= ACTION ITEM =
Using the material below, return exactly the lines between the one holding "unfolding add_all new_set" and the one holding "orphans-IsPlain : IsPlain orphans", inclusive, and no others.

= ENTRIES PROVIDED =
★ ★ ★ ★
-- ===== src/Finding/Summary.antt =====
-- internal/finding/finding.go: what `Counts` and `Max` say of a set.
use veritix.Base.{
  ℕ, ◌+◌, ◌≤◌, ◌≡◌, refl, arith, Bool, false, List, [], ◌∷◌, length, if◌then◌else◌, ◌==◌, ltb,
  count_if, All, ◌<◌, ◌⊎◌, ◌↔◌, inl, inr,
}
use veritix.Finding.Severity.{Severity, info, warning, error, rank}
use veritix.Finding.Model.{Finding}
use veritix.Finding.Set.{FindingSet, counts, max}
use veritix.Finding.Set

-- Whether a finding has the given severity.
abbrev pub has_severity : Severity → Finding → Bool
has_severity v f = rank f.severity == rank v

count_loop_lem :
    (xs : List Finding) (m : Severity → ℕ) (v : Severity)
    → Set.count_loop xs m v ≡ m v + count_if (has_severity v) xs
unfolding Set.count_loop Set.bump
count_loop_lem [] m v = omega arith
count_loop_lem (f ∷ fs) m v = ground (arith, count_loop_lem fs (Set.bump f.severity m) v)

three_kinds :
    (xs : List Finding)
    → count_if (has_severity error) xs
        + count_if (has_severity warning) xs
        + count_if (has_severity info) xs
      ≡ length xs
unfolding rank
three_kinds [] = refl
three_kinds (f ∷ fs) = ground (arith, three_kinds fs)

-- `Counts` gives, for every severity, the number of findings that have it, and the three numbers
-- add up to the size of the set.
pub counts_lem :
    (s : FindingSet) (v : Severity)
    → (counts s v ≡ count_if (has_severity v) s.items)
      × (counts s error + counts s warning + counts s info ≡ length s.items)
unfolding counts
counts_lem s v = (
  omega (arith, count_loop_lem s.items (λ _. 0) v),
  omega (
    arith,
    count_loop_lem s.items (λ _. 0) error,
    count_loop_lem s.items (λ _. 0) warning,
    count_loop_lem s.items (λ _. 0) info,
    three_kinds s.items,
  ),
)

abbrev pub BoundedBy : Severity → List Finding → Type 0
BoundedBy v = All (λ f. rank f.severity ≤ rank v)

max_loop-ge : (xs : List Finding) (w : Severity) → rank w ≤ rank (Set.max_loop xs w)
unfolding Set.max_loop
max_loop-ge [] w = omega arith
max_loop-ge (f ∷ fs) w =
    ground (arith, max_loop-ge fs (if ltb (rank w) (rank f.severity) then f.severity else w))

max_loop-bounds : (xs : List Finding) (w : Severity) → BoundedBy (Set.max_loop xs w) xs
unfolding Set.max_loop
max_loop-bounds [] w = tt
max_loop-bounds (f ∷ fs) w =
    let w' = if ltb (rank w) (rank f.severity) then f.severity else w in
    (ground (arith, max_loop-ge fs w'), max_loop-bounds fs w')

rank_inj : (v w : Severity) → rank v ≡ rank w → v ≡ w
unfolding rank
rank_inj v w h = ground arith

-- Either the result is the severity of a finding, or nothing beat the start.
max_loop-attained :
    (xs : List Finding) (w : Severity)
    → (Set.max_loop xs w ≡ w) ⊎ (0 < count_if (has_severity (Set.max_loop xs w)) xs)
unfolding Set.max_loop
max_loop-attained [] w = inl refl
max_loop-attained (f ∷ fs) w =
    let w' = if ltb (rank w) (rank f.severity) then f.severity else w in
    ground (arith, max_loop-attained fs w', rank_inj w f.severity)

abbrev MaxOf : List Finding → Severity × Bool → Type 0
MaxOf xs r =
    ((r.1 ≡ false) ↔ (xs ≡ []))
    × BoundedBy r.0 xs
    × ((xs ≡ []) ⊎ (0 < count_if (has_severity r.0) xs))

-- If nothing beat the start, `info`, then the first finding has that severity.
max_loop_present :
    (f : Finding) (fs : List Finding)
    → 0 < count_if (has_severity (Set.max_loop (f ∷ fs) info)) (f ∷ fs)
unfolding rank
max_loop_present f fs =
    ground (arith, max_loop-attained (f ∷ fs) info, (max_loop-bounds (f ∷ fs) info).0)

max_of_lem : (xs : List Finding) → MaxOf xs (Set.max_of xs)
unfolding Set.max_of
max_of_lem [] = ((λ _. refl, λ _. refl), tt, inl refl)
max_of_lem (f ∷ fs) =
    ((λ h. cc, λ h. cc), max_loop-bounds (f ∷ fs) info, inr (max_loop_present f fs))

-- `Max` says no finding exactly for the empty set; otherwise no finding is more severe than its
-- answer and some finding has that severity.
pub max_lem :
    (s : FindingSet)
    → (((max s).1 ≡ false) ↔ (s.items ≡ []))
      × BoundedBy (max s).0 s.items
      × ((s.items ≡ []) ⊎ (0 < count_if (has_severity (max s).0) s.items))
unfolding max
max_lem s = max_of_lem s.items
★ ★ ★ ★
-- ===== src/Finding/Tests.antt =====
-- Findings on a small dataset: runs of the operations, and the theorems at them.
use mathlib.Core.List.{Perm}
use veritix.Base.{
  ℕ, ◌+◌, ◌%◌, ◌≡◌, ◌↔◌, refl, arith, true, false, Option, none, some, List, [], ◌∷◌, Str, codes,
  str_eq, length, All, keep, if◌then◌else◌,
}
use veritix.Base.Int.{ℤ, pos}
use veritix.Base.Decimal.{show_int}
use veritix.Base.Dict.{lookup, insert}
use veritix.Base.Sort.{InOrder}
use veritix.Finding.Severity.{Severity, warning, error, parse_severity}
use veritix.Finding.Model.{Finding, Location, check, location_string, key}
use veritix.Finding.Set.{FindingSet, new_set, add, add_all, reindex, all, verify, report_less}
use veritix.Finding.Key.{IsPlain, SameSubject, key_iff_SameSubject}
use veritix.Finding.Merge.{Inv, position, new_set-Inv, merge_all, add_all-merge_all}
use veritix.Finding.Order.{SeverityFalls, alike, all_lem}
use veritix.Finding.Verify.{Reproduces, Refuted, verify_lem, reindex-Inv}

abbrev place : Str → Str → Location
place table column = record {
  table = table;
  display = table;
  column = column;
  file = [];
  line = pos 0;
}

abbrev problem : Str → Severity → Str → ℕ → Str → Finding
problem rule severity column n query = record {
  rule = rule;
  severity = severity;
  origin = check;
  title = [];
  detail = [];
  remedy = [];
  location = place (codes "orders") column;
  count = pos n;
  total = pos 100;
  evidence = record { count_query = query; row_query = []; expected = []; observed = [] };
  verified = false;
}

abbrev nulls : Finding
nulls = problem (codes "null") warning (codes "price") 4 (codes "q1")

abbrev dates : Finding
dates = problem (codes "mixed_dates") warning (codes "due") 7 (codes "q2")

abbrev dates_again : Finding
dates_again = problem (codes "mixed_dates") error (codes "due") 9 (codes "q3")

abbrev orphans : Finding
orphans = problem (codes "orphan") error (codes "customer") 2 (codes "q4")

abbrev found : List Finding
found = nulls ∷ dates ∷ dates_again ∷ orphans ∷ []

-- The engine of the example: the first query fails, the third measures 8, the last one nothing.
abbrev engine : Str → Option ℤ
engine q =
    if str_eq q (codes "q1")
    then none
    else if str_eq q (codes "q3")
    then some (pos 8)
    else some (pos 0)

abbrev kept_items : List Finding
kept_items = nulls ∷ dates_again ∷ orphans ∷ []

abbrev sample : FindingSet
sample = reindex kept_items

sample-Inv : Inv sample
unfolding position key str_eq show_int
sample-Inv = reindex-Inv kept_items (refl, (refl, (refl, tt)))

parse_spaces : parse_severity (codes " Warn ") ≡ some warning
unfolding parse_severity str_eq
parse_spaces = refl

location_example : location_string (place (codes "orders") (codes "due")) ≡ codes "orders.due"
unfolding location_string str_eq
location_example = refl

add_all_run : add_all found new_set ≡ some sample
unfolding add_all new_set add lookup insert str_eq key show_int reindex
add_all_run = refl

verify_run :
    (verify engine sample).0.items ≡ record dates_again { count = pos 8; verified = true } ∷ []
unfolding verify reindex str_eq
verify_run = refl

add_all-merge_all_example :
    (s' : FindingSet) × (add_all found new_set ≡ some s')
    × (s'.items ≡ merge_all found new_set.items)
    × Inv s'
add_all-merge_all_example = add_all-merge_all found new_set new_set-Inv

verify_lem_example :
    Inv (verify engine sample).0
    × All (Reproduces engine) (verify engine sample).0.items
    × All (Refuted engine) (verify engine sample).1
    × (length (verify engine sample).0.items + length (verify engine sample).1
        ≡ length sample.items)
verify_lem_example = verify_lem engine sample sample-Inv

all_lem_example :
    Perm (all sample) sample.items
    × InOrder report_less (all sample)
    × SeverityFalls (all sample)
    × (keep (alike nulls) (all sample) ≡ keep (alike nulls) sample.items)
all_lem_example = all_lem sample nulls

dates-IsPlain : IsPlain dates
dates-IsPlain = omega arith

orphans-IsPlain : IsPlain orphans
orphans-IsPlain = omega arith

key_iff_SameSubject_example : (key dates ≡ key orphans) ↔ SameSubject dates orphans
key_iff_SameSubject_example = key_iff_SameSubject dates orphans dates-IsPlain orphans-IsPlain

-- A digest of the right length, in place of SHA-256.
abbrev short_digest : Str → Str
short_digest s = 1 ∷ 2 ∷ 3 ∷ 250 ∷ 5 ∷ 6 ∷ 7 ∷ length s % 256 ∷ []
★ ★ ★ ★
= WRITTEN REPLY =
unfolding add_all new_set add lookup insert str_eq key show_int reindex
add_all_run = refl

verify_run :
    (verify engine sample).0.items ≡ record dates_again { count = pos 8; verified = true } ∷ []
unfolding verify reindex str_eq
verify_run = refl

add_all-merge_all_example :
    (s' : FindingSet) × (add_all found new_set ≡ some s')
    × (s'.items ≡ merge_all found new_set.items)
    × Inv s'
add_all-merge_all_example = add_all-merge_all found new_set new_set-Inv

verify_lem_example :
    Inv (verify engine sample).0
    × All (Reproduces engine) (verify engine sample).0.items
    × All (Refuted engine) (verify engine sample).1
    × (length (verify engine sample).0.items + length (verify engine sample).1
        ≡ length sample.items)
verify_lem_example = verify_lem engine sample sample-Inv

all_lem_example :
    Perm (all sample) sample.items
    × InOrder report_less (all sample)
    × SeverityFalls (all sample)
    × (keep (alike nulls) (all sample) ≡ keep (alike nulls) sample.items)
all_lem_example = all_lem sample nulls

dates-IsPlain : IsPlain dates
dates-IsPlain = omega arith

orphans-IsPlain : IsPlain orphans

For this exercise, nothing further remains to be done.